He’s going to murder Barry for getting him into this whole alternate earth bullcrap. Murder, murder, murder –
“Is it budget season again?” Len’s guest asks, chuckling and taking a seat. “You only ever get that look in your eyes when taxes are involved.”
“You don’t say, Mr. Ramon,” Len says, smiling with teeth.
Cisco – sorry, Francisco was his preferred name on this earth – shrinks back into his seat. “Uh, Francisco is fine,” he squeaks, true to form.
“Are you sure I can’t get you a glass of water?” Len asks, leaning forward and pinning him with his best Mick-intimidating-a-Family-goon impression. “Some coffee, maybe?”
“Will it be poisoned?” Francisco asks.
“I beg your pardon?”
“Nothing!
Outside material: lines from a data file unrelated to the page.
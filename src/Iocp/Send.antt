-- ===== src/Iocp/Send.antt =====
-- `send_op` of iocp_socket.cpp, and `wsabuf_wrapper` of iocp_buffer.h. `on_complete` sends what remains before it tests
-- the operation a second time, so that another thread can complete that part in between: the two halves are steps of
-- their own. An operation that is started completes once (Iocp.Delivery).
pub mod Single
pub mod Race
mod Tests
use jnet_lib.Base.{
  ℕ, ◌+◌, ◌%◌, ◌^◌, ◌≤◌, ◌≡◌, Bool, true, false, not, ◌||◌, List, [], ◌∷◌, ◌++◌, ltb, ◌==◌,
  if◌then◌else◌,
}
use jnet_lib.Errors.{ErrorCode, is_error}
use jnet_lib.Buffer.{ConstBuffer, consume}

-- The `len` of a WSABUF, an `unsigned long`, and `shrink_to`.
abbrev pub wsa_len : ℕ → ℕ
wsa_len length = length % 2 ^ 32

abbrev pub shrink_to : ℕ → ℕ → ℕ
shrink_to len s_size = if ltb s_size len then s_size % 2 ^ 32 else len

abbrev pub max_send_buffer_size : ℕ
max_send_buffer_size = 65536

-- `wsa` is `wsa_buffer_.len`, and `under_way` says that the operation is started and not complete. `tails` are the
-- threads between the two halves of `on_complete`, with the error code of each. `called` are the calls of the callback,
-- after each of which the operation is deleted.
pub record Sending : Type 0 where
  pub buffer : ConstBuffer
  pub wsa : ℕ
  pub under_way : Bool
  pub tails : List ErrorCode
  pub called : List (ErrorCode × ℕ)

abbrev pub asyn_send : ℕ → Sending
asyn_send len = record {
  buffer = record { raw = 0; len = len };
  wsa = shrink_to (wsa_len len) max_send_buffer_size;
  under_way = true;
  tails = [];
  called = [];
}

-- The first `if` of `on_complete`.
pub send_rest : ErrorCode → ℕ → Sending → Sending
send_rest ec n t =
    let b = consume t.buffer n in
    let t' = record t { under_way = false; tails = t.tails ++ (ec ∷ []) } in
    if is_error ec then t' else if b.len == 0 then record t' { buffer = b } else record t' {
      buffer = b;
      wsa = shrink_to (wsa_len b.len) max_send_buffer_size;
      under_way = true;
    }

-- The second one, of a thread that completed without or with the error code; `rest` are the other threads.
pub call_back : ErrorCode → (rest : List ErrorCode) → Sending → Sending
call_back ec rest t =
    if is_error ec || (t.buffer.len == 0)
    then record t { tails = rest; called = t.called ++ ((ec, t.buffer.raw) ∷ []) }
    else record t { tails = rest }

-- `on_complete` without another thread in between.
abbrev pub on_complete : ErrorCode → ℕ → Sending → Sending
on_complete ec n t = call_back ec t.tails (send_rest ec n t)

-- Winsock sends as many bytes as it was given at most.
pub data Step (t : Sending) : Sending → Type 0 where
  completes : (ec : ErrorCode) (n : ℕ) → t.under_way ≡ true → n ≤ t.wsa → Step t (send_rest ec n t)
  goes_on :
      (ec : ErrorCode) (before after : List ErrorCode)
      → t.tails ≡ before ++ (ec ∷ after)
      → Step t (call_back ec (before ++ after) t)

pub data Steps (t : Sending) : Sending → Type 0 where
  here : Steps t t
  next : {u v : Sending} → Steps t u → Step u v → Steps t v

-- What a completion has moved: Winsock moves nothing for an operation that fails.
abbrev pub moved : ErrorCode → ℕ → ℕ
moved ec n = if is_error ec then 0 else n

-- The same where one thread runs the service, with the number of bytes that Winsock has sent.
pub data Turns (t : Sending) : ℕ → Sending → Type 0 where
  none_yet : Turns t 0 t
  turn :
      {i : ℕ} {u : Sending} (ec : ErrorCode) (n : ℕ)
      → Turns t i u
      → u.under_way ≡ true
      → n ≤ u.wsa
      → Turns t (i + moved ec n) (on_complete ec n u)
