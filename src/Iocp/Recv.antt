-- ===== src/Iocp/Recv.antt =====
-- `recv_op` of iocp_socket.cpp. `on_complete` does not touch the operation after it has restarted it, so that a completion is
-- one step, whichever thread runs it.
pub mod Received
mod Tests
use jnet_lib.Base.{
  ℕ, ◌+◌, ◌%◌, ◌^◌, ◌≤◌, ◌≡◌, Bool, true, false, not, ◌&&◌, ◌||◌, List, [], ◌∷◌, ◌++◌, ltb, ◌==◌,
  if◌then◌else◌,
}
use jnet_lib.Errors.{ErrorCode, frame_error, is_error}
use jnet_lib.Errors.Code
use jnet_lib.Buffer.{MutableBuffer, append, remain}
use jnet_lib.Iocp.Send.{wsa_len, shrink_to, moved}

abbrev pub max_recv_buffer_size : ℕ
max_recv_buffer_size = 65536

-- What is asked for, when `n` bytes remain.
abbrev pub recv_len : ℕ → ℕ
recv_len n = shrink_to (wsa_len n) (if ltb max_recv_buffer_size n then max_recv_buffer_size else n)

-- As in Iocp.Send; `some` is `some_`.
pub record Receiving : Type 0 where
  pub buffer : MutableBuffer
  pub wsa : ℕ
  pub some : Bool
  pub under_way : Bool
  pub called : List (ErrorCode × ℕ)

-- `asyn_recv` and, with `some`, `asyn_recv_some`.
abbrev pub asyn_recv : ℕ → Bool → Receiving
asyn_recv len some = record {
  buffer = record { raw_pos = 0; size = len; len = 0 };
  wsa = recv_len len;
  some = some;
  under_way = true;
  called = [];
}

-- The error code after the first test of `on_complete`.
pub or_eof : ErrorCode → ℕ → Receiving → ErrorCode
or_eof ec n t =
    if not (is_error ec) && ((n == 0) && ltb 0 (remain t.buffer)) then frame_error Code.eof else ec

abbrev pub call_back : ErrorCode → Receiving → Receiving
call_back ec t =
    if is_error ec || (t.some || (remain t.buffer == 0))
    then record t { called = t.called ++ ((ec, t.buffer.len) ∷ []) }
    else t

-- `on_complete` after its first test.
pub settle : ErrorCode → ℕ → Receiving → Receiving
settle ec n t =
    let b = append t.buffer n in
    let t' = record t { under_way = false } in
    if is_error ec
    then call_back ec t'
    else if not t.some && ltb 0 (remain b)
    then record t { buffer = b; wsa = recv_len (remain b) }
    else call_back ec (record t' { buffer = b })

pub on_complete : ErrorCode → ℕ → Receiving → Receiving
on_complete ec n t = settle (or_eof ec n t) n t

-- The completions of an operation, with their number and that of the bytes that Winsock has given.
pub data Steps (t : Receiving) : ℕ → ℕ → Receiving → Type 0 where
  here : Steps t 0 0 t
  completes :
      {i b : ℕ} {u : Receiving} (ec : ErrorCode) (n : ℕ)
      → Steps t i b u
      → u.under_way ≡ true
      → n ≤ u.wsa
      → Steps t (i + 1) (b + moved ec n) (on_complete ec n u)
I just – uh –”
“In that case, we should just get down to business,” Len says. “You know, ever since the Zoom crisis, I’ve made my feelings quite clear on the subject of…vigilantism.”
Also, that damn Spiderman is up to no good again.
They don’t even have comics on this earth. No wonder Cisco was forced to go into business and become a multi-millionaire.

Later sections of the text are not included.